This wasn’t the kind of post-election violence that one might witness in Baghdad, where hundreds of people might die from a terrorist strike in a supermarket, but a fullscale upsurge of political violence that has led to the large scale displacement of people in hundreds of thousands (i.e. refugee camps) plus major disturbance to the civic institutions of the country.  This included key civic sectors such as health, education and judiciary.  (Note: Usahidi.com gives a really good map overview of the spread of violence in the country in 2007-2008.  (http://legacy.ushahidi.com/))  This has meant, among other things, the inability of the current judicial system in Kenya to deal with the scale of criminal cases that resulted from the post-election violence, particularly the ones that falls under the definition of ‘Crimes Against Humanity’. 
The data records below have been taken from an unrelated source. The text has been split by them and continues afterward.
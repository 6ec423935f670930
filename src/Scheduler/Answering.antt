-- ===== src/Scheduler/Answering.antt =====
-- src/scheduler.rs: answers from the lanes keep the invariant.
use hataori_rs.Prelude.{
  ℕ, ◌+◌, ◌≤◌, ◌<◌, ◌^◌, ◌≡◌, refl, Bool, true, false, Option, none, some, List, [], inl, inr,
  arith, length, count, ok, Bool-cases,
}
use hataori_rs.Prelude.Int.{ℤ, int_key}
use hataori_rs.Prelude.Assoc.{AllValues, lookup, insert, total-insert, AllValues-insert}
use hataori_rs.Scheduler.State.{RunningMeta, LaneState, Coordinator, ItemResult}
use hataori_rs.Scheduler.Lanes.{advanced}
use hataori_rs.Scheduler.Ops.{store}
use hataori_rs.Scheduler.Ends.{is_stopped}
use hataori_rs.Scheduler.Places.{below, held, named, filled, result_indices}
use hataori_rs.Scheduler.Completion.{fill_lem}
use hataori_rs.Scheduler.Invariant.{Inv, RemoteShape, RootShape, place, outstanding_ids}

-- What an answered lane's state becomes: the answered batch leaves it, the rest stays.
pub advanced_lem :
    (prefetch : Bool) (current : RunningMeta) (prefetched : Option RunningMeta) (stopping : Bool)
    → RemoteShape prefetch (LaneState.running current prefetched stopping)
    → (new : LaneState) × (advanced (some (LaneState.running current prefetched stopping)) ≡ ok new)
      × ((i : ℕ)
          → held i (LaneState.running current prefetched stopping)
            ≡ count i current.original_indices + held i new)
      × ((j : ℕ) → named j new ≤ named j (LaneState.running current prefetched stopping))
      × RemoteShape prefetch new
unfolding advanced
advanced_lem prefetch current (some next) false h =
    (LaneState.running next none false, refl, λ i. omega arith, λ j. omega arith, tt)
advanced_lem prefetch current (some next) true h = cc (h.1)
advanced_lem prefetch current none true h =
    (LaneState.stopped, refl, λ i. omega arith, λ j. omega arith, tt)
advanced_lem prefetch current none false h =
    (LaneState.idle, refl, λ i. omega arith, λ j. omega arith, tt)

module _ {T U : Type 0} where
  -- The coordinator between the lane's advance and the storing of the results: the answered
  -- indices are in no place.
  pub record Answered (indices : List ℕ) (c : Coordinator T U) : Type 0 where
    pub once : (i : ℕ) → count i indices + place c i ≤ below (length c.ordered) i
    pub kept : c.failed ≡ false → (i : ℕ) → below (length c.ordered) i ≤ count i indices + place c i
    pub cleared : c.failed ≡ true → c.pending ≡ []
    pub stopped_empty : is_stopped c.root ≡ true → c.pending ≡ []
    pub fresh : (j : ℕ) → outstanding_ids c j ≤ below c.next_batch_id j
    pub budget : c.next_batch_id + length c.pending ≤ length c.ordered
    pub addressable : length c.ordered < 2 ^ 64
    pub nonzero : 0 < c.batch_size
    pub root_shape : RootShape c.root
    pub remote_shapes : AllValues (RemoteShape c.prefetch) c.remotes

  pub stored :
      (results : List (ItemResult U)) (c : Coordinator T U) (ordered : List (Option U))
      → Answered (result_indices results) c
      → length ordered ≡ length c.ordered
      → ((i : ℕ) → filled i ordered ≡ filled i c.ordered + count i (result_indices results))
      → Inv (record c { ordered = ordered })
  stored results c ordered v size slots = record {
    once = λ i. ground (arith, v.once i, slots i);
    kept = λ ok_ i. ground (arith, v.kept ok_ i, slots i);
    cleared = v.cleared;
    stopped_empty = v.stopped_empty;
    fresh = v.fresh;
    budget = omega (arith, v.budget);
    addressable = omega (arith, v.addressable);
    nonzero = v.nonzero;
    root_shape = v.root_shape;
    remote_shapes = v.remote_shapes;
  }

  pub dropped :
      (indices : List ℕ) (c : Coordinator T U) → Answered indices c → c.failed ≡ true → Inv c
  dropped indices c v bad = record {
    once = λ i. omega (arith, v.once i);
    kept = λ good. cc;
    cleared = v.cleared;
    stopped_empty = v.stopped_empty;
    fresh = v.fresh;
    budget = v.budget;
    addressable = v.addressable;
    nonzero = v.nonzero;
    root_shape = v.root_shape;
    remote_shapes = v.remote_shapes;
  }

  -- Storing ends well whether or not the run has failed.
  pub store_lem :
      (results : List (ItemResult U)) (c : Coordinator T U)
      → Answered (result_indices results) c
      → (s : Coordinator T U) × (store results c ≡ (ok tt, s)) × Inv s
  unfolding store
  store_lem results c v = elim (Bool-cases c.failed) [
    | inl bad ↦ (c, ground arith, dropped _ c v bad)
    | inr good ↦
        let (ordered, done, size, slots) =
          fill_lem results c.ordered (λ i. omega (arith, v.once i)) in
        (record c { ordered = ordered }, ground arith, stored results c ordered v size slots)
  ]

  -- A lane that answers its current batch, before the results are stored.
  pub remote-Answered :
      (c : Coordinator T U) (rank : ℤ) (current : RunningMeta) (old new : LaneState)
      → Inv c
      → lookup rank c.remotes ≡ some old
      → ((i : ℕ) → held i old ≡ count i current.original_indices + held i new)
      → ((j : ℕ) → named j new ≤ named j old)
      → RemoteShape c.prefetch new
      → Answered current.original_indices (record c { remotes = insert rank new c.remotes })
  remote-Answered c rank current old new v e less named_less shape = record {
    once = λ i. ground (arith, v.once i, less i, total-insert (held i) rank new c.remotes);
    kept = λ ok_ i. ground (arith, v.kept ok_ i, less i, total-insert (held i) rank new c.remotes);
    cleared = v.cleared;
    stopped_empty = v.stopped_empty;
    fresh = λ j. ground (arith, v.fresh j, named_less j, total-insert (named j) rank new c.remotes);
    budget = v.budget;
    addressable = v.addressable;
    nonzero = v.nonzero;
    root_shape = v.root_shape;
    remote_shapes =
        AllValues-insert (RemoteShape c.prefetch) rank new c.remotes shape v.remote_shapes;
  }

  pub root-Answered :
      (c : Coordinator T U) (current : RunningMeta)
      → Inv c
      → c.root ≡ LaneState.running current none false
      → Answered current.original_indices (record c { root = LaneState.idle })
  root-Answered c current v e = record {
    once = λ i. ground (arith, v.once i);
    kept = λ ok_ i. ground (arith, v.kept ok_ i);
    cleared = v.cleared;
    stopped_empty = λ h. cc;
    fresh = λ j. ground (arith, v.fresh j);
    budget = v.budget;
    addressable = v.addressable;
    nonzero = v.nonzero;
    root_shape = tt;
    remote_shapes = v.remote_shapes;
  }

  -- The same, when the answer is an error: the queue is cleared.
  pub failed_all :
      (indices : List ℕ) (c : Coordinator T U)
      → Answered indices c
      → Inv (record c { failed = true; pending = [] })
  failed_all indices c v = record {
    once = λ i. omega (arith, v.once i);
    kept = λ good. cc;
    cleared = λ _. refl;
    stopped_empty = λ _. refl;
    fresh = v.fresh;
    budget = omega (arith, v.budget);
    addressable = v.addressable;
    nonzero = v.nonzero;
    root_shape = v.root_shape;
    remote_shapes = v.remote_shapes;
  }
Let us quickly revisit the definition of ‘Crimes Against Humanity’.  According to the Rome Statute of International Criminal Court, ‘Crimes Against Humanity’ can be defined as

particularly odious offences (that) constitute a serious attack on human dignity or grave humiliation or a degradation of one or more human beings. They are not isolated or sporadic events, but are part either of a government policy (although the perpetrators need not identify themselves with this policy) or of a wide practice of atrocities tolerated or condoned by a government or a de facto authority. Murder; extermination; torture; rape and political, racial, or religious persecution and other inhumane acts reach the threshold of crimes against humanity only if they are part of a widespread or systematic practice. Isolated inhumane acts of this nature may constitute grave infringements of human rights, or depending on the circumstances, war crimes, but may fall short of falling into the category of crimes under discussion.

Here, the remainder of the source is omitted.